All outpatient rehabilitation treatments with other indications as any musculoskeletal disease were deleted. For German-specific technical reasons, the patient's co-payment within the database is handled as a separate case in outpatient rehabilitation, which makes it necessary to consolidate these cases, reducing the size of the database by nearly a third. In some cases, the rehabilitation was interrupted (e.g. as the result of an unforeseen hospital stay or a worsened general status) or extended for medical reasons. Hence, rehabilitations that were continued after an interruption or extended had to be connected in the data set. If there was a shorter time span than 15 days between different rehabilitation treatments, the data set was manually adjusted for inpatient and outpatient rehabilitations.
Clinical data and cost analyses
For each single rehabilitation cycle, the duration, the specific service provider and the type of service were recorded as a standard procedure. The type of service can be differentiated between rehabilitation that takes place after a hospital stay and rehabilitation for a chronic condition without a preceding hospital stay. In addition, the age, gender, the International Statistical Classification of Diseases and Related Health Problems 10th Revision (ICD-10) coding in inpatient rehabilitation and the place of residence of the patient was provided. In outpatient rehabilitation, the diagnosis was not provided in detailed ICD-10 encoding since this rating is manually added in another format by an employee of the health insurance fund. Hence, these data were linked to the preceding hospital diagnosis trying to validate the diagnosis. Apart from the demographic and clinical data, all billing information could be extracted from the database and were at hand for every single rehabilitation case.

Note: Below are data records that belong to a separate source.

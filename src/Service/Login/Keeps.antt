-- ===== src/Service/Login/Keeps.antt =====
-- What a login keeps of the database.
use test_go_server.Prelude.{ℕ, ◌≡◌, refl, Option, none, some, Bool, true, false, if◌then◌else◌}
use test_go_server.Protocol.{Bytes}
use test_go_server.Game.Player.{PlayerProfile, new_profile}
use test_go_server.Service.Login.{
  AccountStore, LoginService, next_uid, save_new, create, loaded, resolve_with, resolve_role_id,
}

module _ {D : Type 0} (svc : LoginService D) (store : AccountStore D) (R : D → Type 0) where
  either :
      (first second : Bool) (x y : D) (id : ℕ)
      → R x
      → R y
      → let r : D × Option (ℕ × Bool) =
          if first then (if second then (y, some (id, false)) else (y, none)) else (x, none) in
        R r.0
  either true true x y id r s = s
  either true false x y id r s = s
  either false second x y id r s = r

  keeps_saving :
      (account : Bytes) (id : ℕ) (d : D)
      → R (store.save_role_id account id d).0
      → ((f : PlayerProfile) (e : D) → R e → R (store.save_profile f e).0)
      → R (save_new store account id d).0
  unfolding save_new
  keeps_saving account id d r profile =
      let one = store.save_role_id account id d in
      let two = store.save_profile (new_profile id account) one.0 in
      either one.1 two.1 one.0 two.0 id r (profile (new_profile id account) one.0 r)

  keeps_creating :
      (account : Bytes) (r : D × Option ℕ)
      → R r.0
      → ((id : ℕ) → r.1 ≡ some id → R (store.save_role_id account id r.0).0)
      → ((f : PlayerProfile) (e : D) → R e → R (store.save_profile f e).0)
      → R (create store account r).0
  unfolding create
  keeps_creating account (d, none) base saving profile = base
  keeps_creating account (d, some id) base saving profile =
      keeps_saving account id d (saving id refl) profile

  -- What the generator of IDs, and the saves of an ID that it has told, keep, a login keeps.
  pub resolve_role_id_keeps :
      (account : Bytes) (d : D)
      → svc.store ≡ some store
      → R d
      → R (next_uid svc d).0
      → ((id : ℕ)
          → (next_uid svc d).1 ≡ some id
          → R (store.save_role_id account id (next_uid svc d).0).0)
      → ((f : PlayerProfile) (e : D) → R e → R (store.save_profile f e).0)
      → R (resolve_role_id svc account d).0
  unfolding resolve_role_id resolve_with loaded
  resolve_role_id_keeps account d has same fresh saving profile =
      rw has (by_loaded (store.load_role_id account d))
    where
      by_loaded : (o : Option (Option ℕ)) → R (loaded svc store account d o).0
      by_loaded none = same
      by_loaded (some (some id)) = same
      by_loaded (some none) = keeps_creating account (next_uid svc d) fresh saving profile

  -- The same of a login of an account that has no ID, of what the generator makes true.
  pub resolve_role_id_creates :
      (account : Bytes) (d : D)
      → svc.store ≡ some store
      → store.load_role_id account d ≡ some none
      → R (next_uid svc d).0
      → ((id : ℕ)
          → (next_uid svc d).1 ≡ some id
          → R (store.save_role_id account id (next_uid svc d).0).0)
      → ((f : PlayerProfile) (e : D) → R e → R (store.save_profile f e).0)
      → R (resolve_role_id svc account d).0
  unfolding resolve_role_id resolve_with loaded
  resolve_role_id_creates account d has none_yet fresh saving profile =
      rw (has, none_yet) (keeps_creating account (next_uid svc d) fresh saving profile)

Since the perspective of a statutory health insurance fund is used in this analysis, all costs of the rehabilitation or costs in other cost domains that were directly linked to that treatment must be taken into account [8]. On the other hand, co-payments or out of pocket payments by patients are not relevant from the perspective of a sickness fund [9]. Indirect costs are at least in Germany also irrelevant for a sickness fund since they are primarily borne by society and not (or only indirectly) through social insurance. Therefore, the focus of this study is primarily on the direct health care costs for rehabilitation services that are reimbursed by the health insurance fund.
Apart from the costs of the rehabilitation, other direct costs produced in other cost domains that are interdependent with rehabilitation are also relevant. This particularly concerns costs for hospital treatment, drugs and physical therapy 1 yr before and after the rehabilitation. Only drugs that are relevant for the treatment in musculoskeletal conditions were included in the analysis. All costs for relevant physical therapy (physiotherapy, occupational therapy, functional training, rehabilitation sport, medical massage and spa treatment) were also taken into account.
A cost–cost analysis approach was chosen for comparing the costs of inpatient and outpatient rehabilitation [10]. Hence, differences in clinical effects or changes in health-related quality of life of the compared rehabilitation approaches were not evaluated since it is assumed in this analysis that those outcomes are identical in all alternatives. This was already shown in several studies [4–6]. German health insurances also consider the alternatives as equivalent in terms of expected clinical outcomes. This approach will be backed by analysing the total costs in the years before and after the rehabilitation.
Statistics
Various descriptive and analytical statistical methods were used for processing and evaluating the data on demographics, costs and services. Descriptive statistics include mean values (S.D.) and different measures of location and dispersion. Microsoft Excel (Microsoft Corporation, Redmond, Washington, USA) was used for the statistical calculations. SPSS Version 15 for Windows (SPSS Inc., Chicago, Illinois, USA) was used for statistical testing (non-parametric Mann–Whitney U-test) [11].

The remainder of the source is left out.